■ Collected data
○ ○ ○ ○ ○

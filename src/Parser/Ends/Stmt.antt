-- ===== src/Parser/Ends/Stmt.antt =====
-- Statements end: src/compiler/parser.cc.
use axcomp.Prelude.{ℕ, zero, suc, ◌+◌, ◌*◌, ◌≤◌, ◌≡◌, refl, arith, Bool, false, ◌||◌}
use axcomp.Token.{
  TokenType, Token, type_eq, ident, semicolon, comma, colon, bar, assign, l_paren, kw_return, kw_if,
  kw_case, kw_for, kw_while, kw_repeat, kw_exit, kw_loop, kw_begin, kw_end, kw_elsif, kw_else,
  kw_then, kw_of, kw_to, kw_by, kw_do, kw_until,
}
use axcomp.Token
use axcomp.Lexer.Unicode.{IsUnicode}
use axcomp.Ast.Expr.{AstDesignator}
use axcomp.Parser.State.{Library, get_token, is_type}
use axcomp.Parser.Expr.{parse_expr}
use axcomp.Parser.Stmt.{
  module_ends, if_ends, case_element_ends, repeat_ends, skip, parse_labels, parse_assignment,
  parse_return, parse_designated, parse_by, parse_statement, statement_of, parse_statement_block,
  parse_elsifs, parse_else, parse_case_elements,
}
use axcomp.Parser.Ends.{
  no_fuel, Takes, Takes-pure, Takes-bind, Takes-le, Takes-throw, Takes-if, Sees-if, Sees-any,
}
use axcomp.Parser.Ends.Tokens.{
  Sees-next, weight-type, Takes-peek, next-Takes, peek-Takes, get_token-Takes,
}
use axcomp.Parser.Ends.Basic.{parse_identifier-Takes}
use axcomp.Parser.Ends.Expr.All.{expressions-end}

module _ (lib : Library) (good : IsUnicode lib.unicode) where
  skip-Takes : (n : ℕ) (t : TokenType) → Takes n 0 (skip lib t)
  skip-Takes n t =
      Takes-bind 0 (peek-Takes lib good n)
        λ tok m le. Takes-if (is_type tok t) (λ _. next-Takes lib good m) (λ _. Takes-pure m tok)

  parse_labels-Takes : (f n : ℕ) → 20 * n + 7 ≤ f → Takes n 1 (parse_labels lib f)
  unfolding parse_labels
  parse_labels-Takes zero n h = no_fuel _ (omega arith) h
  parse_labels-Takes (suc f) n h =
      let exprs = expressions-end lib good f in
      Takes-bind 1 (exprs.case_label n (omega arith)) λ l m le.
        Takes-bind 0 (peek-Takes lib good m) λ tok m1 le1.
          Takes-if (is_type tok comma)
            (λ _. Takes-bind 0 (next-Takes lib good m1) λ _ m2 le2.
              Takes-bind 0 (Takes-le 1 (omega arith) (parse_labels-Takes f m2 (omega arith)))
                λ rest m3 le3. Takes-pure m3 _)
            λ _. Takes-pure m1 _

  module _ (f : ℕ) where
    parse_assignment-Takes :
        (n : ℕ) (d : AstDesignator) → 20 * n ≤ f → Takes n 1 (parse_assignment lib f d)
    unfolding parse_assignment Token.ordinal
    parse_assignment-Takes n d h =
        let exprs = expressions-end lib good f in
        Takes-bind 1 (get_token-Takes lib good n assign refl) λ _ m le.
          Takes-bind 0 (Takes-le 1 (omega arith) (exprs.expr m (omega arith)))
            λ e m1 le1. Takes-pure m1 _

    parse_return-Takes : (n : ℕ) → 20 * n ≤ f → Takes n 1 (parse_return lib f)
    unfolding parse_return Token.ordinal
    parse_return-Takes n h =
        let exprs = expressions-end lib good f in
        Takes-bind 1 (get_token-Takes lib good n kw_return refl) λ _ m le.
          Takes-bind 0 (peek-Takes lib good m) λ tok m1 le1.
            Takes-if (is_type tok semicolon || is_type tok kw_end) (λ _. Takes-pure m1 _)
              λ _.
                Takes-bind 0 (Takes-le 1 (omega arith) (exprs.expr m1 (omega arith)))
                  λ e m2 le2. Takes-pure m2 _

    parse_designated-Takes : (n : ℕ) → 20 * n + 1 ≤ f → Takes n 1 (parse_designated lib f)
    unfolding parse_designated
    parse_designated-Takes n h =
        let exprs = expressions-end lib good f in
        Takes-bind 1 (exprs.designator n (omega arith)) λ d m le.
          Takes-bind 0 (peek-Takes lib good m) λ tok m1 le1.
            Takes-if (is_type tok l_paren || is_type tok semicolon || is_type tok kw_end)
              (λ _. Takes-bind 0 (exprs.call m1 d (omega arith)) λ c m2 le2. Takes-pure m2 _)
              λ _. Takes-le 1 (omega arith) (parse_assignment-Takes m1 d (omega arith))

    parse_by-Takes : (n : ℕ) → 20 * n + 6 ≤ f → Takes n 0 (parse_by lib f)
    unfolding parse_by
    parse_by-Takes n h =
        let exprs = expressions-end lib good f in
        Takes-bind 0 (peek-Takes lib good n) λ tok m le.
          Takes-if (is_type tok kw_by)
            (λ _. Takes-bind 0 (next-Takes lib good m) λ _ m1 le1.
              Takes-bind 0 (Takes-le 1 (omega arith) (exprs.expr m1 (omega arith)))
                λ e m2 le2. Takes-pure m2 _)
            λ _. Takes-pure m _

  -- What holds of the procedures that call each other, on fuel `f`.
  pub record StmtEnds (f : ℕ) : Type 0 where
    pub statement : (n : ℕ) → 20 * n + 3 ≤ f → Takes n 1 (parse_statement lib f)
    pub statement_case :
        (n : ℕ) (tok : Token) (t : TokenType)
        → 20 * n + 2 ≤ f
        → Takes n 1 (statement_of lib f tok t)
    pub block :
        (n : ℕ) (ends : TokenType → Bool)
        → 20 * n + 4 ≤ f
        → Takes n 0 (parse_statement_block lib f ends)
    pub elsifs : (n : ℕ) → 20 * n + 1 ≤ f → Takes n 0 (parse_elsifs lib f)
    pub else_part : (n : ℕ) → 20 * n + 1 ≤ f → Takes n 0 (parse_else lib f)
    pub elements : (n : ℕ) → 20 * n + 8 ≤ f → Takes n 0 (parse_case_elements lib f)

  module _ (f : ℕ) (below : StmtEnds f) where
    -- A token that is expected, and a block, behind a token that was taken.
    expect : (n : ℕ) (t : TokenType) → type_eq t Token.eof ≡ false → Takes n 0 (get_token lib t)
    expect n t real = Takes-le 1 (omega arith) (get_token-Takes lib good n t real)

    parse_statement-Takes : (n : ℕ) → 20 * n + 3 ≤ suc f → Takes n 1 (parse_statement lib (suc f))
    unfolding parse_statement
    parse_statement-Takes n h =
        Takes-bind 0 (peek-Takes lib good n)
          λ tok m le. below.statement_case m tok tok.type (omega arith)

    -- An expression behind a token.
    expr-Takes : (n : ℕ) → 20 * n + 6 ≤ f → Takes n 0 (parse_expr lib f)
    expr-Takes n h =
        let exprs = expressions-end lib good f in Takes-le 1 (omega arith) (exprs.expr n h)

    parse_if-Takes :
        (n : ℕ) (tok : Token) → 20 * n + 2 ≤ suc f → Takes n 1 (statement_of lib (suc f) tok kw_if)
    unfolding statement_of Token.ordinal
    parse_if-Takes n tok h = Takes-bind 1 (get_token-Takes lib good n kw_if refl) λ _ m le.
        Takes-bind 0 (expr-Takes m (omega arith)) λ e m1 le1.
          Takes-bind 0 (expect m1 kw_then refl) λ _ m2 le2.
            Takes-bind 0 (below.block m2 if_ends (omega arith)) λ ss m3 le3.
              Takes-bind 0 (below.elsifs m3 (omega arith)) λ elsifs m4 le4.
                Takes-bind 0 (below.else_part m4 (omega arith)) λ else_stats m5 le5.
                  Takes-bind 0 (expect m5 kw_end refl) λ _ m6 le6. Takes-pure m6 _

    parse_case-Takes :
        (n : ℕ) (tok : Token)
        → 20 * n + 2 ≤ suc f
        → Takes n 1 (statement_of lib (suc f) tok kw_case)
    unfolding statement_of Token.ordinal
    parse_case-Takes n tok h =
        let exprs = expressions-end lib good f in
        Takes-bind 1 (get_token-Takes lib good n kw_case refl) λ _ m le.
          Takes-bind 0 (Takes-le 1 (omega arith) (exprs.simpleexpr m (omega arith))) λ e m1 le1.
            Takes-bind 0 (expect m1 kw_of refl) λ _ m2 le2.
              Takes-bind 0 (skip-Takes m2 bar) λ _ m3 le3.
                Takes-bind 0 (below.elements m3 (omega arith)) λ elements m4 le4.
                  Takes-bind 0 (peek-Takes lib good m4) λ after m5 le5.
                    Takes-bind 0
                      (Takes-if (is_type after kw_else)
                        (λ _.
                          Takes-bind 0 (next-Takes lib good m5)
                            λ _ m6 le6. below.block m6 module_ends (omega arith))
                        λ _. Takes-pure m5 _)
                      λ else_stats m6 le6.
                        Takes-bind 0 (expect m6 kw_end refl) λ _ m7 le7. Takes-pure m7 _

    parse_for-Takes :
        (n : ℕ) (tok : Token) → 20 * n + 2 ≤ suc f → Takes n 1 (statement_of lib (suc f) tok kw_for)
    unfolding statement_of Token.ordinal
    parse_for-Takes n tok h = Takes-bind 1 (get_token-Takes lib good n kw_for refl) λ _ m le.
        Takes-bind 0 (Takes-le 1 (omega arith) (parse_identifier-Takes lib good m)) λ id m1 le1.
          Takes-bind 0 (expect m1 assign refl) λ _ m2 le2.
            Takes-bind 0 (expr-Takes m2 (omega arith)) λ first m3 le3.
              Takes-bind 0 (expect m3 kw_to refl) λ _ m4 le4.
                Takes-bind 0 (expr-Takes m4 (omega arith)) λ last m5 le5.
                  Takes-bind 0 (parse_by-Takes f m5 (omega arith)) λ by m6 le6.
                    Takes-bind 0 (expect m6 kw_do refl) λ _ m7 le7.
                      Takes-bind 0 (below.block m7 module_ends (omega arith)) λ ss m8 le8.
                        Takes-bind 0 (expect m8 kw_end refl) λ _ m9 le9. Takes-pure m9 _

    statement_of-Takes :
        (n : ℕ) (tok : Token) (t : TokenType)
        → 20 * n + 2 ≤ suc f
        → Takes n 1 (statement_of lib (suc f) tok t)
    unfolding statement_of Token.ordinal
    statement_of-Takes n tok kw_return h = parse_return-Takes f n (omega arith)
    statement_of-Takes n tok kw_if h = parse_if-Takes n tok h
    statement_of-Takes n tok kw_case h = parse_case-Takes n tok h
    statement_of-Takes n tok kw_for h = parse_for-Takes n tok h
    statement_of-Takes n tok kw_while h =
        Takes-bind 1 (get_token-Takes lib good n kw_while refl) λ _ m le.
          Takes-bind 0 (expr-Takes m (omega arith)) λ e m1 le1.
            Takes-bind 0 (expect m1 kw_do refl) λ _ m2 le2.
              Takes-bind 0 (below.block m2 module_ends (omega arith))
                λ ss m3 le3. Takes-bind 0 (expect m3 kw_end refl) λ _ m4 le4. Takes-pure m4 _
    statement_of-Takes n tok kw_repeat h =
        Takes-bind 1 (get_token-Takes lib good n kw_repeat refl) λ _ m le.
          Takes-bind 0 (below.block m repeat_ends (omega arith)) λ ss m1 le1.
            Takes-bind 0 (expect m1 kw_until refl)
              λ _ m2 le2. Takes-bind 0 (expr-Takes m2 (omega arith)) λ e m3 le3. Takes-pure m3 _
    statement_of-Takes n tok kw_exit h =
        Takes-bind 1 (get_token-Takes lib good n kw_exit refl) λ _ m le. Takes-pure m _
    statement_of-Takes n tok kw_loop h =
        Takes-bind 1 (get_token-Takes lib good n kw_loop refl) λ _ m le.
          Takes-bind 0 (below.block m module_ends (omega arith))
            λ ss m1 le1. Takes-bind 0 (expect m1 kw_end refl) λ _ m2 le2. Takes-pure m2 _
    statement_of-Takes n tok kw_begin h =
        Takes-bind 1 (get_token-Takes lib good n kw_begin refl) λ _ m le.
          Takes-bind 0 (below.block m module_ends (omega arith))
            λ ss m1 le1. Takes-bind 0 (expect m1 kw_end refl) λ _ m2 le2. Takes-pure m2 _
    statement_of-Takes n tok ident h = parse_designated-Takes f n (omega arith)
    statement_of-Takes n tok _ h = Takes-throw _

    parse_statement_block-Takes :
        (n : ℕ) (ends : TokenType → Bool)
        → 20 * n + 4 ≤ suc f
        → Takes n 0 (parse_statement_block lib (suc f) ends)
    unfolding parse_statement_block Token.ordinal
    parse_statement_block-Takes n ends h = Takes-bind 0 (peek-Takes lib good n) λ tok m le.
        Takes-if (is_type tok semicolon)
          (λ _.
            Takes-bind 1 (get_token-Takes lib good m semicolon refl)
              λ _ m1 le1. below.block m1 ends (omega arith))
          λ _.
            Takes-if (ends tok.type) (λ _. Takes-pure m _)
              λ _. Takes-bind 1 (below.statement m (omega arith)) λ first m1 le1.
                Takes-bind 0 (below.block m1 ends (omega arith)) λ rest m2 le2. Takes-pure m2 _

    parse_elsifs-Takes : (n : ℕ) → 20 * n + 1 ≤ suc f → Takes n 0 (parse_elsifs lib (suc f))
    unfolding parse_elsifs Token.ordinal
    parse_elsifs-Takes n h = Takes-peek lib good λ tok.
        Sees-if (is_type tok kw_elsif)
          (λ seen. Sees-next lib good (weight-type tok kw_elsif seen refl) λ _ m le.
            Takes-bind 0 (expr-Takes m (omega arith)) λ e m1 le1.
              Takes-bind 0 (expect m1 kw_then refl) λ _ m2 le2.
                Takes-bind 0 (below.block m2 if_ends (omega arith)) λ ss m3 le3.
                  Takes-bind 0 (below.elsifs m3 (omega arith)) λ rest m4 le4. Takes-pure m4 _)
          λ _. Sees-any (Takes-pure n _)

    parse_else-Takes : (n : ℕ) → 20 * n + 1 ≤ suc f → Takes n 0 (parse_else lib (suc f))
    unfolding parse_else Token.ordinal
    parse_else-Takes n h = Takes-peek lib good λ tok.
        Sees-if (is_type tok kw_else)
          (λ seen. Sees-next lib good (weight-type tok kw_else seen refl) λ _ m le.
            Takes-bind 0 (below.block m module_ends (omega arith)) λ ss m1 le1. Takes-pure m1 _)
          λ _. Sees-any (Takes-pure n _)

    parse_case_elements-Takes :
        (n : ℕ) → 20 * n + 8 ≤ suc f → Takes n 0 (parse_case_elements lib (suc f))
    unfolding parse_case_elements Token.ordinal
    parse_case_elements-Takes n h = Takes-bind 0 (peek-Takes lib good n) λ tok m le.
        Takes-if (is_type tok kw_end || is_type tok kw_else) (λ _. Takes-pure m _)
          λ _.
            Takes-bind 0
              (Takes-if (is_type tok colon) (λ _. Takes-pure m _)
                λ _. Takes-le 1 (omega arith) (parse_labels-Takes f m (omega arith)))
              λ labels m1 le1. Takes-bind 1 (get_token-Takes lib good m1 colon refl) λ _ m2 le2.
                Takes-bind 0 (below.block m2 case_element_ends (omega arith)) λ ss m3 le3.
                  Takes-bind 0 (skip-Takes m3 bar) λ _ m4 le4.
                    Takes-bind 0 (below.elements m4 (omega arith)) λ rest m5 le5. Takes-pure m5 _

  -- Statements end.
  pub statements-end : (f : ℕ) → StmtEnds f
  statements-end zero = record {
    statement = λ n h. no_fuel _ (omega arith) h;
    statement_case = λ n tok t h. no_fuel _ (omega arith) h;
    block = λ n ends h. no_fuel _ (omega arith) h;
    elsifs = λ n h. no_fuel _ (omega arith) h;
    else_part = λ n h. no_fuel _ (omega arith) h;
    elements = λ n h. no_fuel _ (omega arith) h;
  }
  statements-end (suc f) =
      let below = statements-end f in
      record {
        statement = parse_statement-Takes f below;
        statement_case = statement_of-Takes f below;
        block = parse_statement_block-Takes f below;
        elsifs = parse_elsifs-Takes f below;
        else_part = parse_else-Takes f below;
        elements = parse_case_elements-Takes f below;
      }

○ ○ ○ ○ ○

■ YOUR INSTRUCTIONS
Look through the records and gather each line with the word "weight".

■ WRITTEN SOLUTION
  Sees-next, weight-type, Takes-peek, next-Takes, peek-Takes, get_token-Takes,
          (λ seen. Sees-next lib good (weight-type tok kw_elsif seen refl) λ _ m le.
          (λ seen. Sees-next lib good (weight-type tok kw_else seen refl) λ _ m le.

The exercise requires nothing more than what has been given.